Task description: Report every line of the records beneath this task that holds the string "parameters".

(Stored items from a collection)
※ ※ ※
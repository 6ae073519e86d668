-- ===== src/Parser/Functions/Arity.antt =====
-- parse.c with vm.c: the parameters that fun_param counts, as a call reads them.
use calx.Base.{
  List, ◌++◌, length, ap, ◌∙◌, Bool-cases, inl, inr, sym, ℕ, zero, suc, ◌^◌, ◌<◌, ◌≡◌, refl, Bool,
  true, false, arith, leb, ◌==◌, if◌then◌else◌,
}
use calx.Parser.Functions.{count_param}
use calx.Parser.State.{no_shape}
use calx.Vm.Call.{do_call_coerce}
use calx.Vm.Frames.{accepts, coerce-accepts, coerce_error}
use calx.Vm.State.{State, Shape}
use calx.Vm.Values.{Value, Perform, result}

-- the shape of a function with so many parameters, and perhaps one that gathers the rest
abbrev pub counted : ℕ → Shape
counted zero = no_shape
counted (suc n) = count_param false (counted n)

abbrev pub with_params : ℕ → Bool → Shape
with_params n true = count_param true (counted n)
with_params n false = counted n

counted-nargs : (n : ℕ) → n < 2 ^ 31 → (counted n).nargs_encoded ≡ n
unfolding count_param
counted-nargs zero h = refl
counted-nargs (suc n) h = omega (arith, counted-nargs n (omega arith))

accepts-with_params :
    (n : ℕ) (gather : Bool) (nargs : ℕ)
    → n < 2 ^ 31
    → accepts (with_params n gather).nargs_encoded nargs
      ≡ (if gather then leb n nargs else nargs == n)
unfolding count_param
accepts-with_params n true nargs h = let e = counted-nargs n h in rw e (ground arith)
accepts-with_params n false nargs h = let e = counted-nargs n h in rw e (ground arith)

abbrev pub succeeds : {A : Type 0} → Perform A → Bool
succeeds (result a) = true
succeeds _ = false

coerce-succeeds :
    (state : State) (args rest : List Value) (enc : ℕ)
    → succeeds (do_call_coerce state (args ++ rest) enc (length args)) ≡ accepts enc (length args)
coerce-succeeds state args rest enc = elim (Bool-cases (accepts enc (length args))) [
  | inl e ↦ ap succeeds (coerce-accepts state args rest enc e).0 ∙ sym e
  | inr e ↦ ap succeeds (coerce_error state (args ++ rest) enc (length args) e) ∙ sym e
]

-- A call of a function whose parameters were counted by the parser, fewer than 2 ^ 31 and perhaps a last
-- one that gathers the rest, takes the arguments just if they are as many as the parameters, or at least
-- as many where the last one gathers, and is an error else.
pub do_call_coerce-with_params :
    (state : State) (n : ℕ) (gather : Bool) (args rest : List Value)
    → n < 2 ^ 31
    → succeeds
        (do_call_coerce state (args ++ rest) (with_params n gather).nargs_encoded (length args))
      ≡ (if gather then leb n (length args) else length args == n)
do_call_coerce-with_params state n gather args rest h =
    coerce-succeeds state args rest _ ∙ accepts-with_params n gather (length args) h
※ ※ ※
Answer to this task:
-- parse.c with vm.c: the parameters that fun_param counts, as a call reads them.
-- the shape of a function with so many parameters, and perhaps one that gathers the rest
-- A call of a function whose parameters were counted by the parser, fewer than 2 ^ 31 and perhaps a last
-- one that gathers the rest, takes the arguments just if they are as many as the parameters, or at least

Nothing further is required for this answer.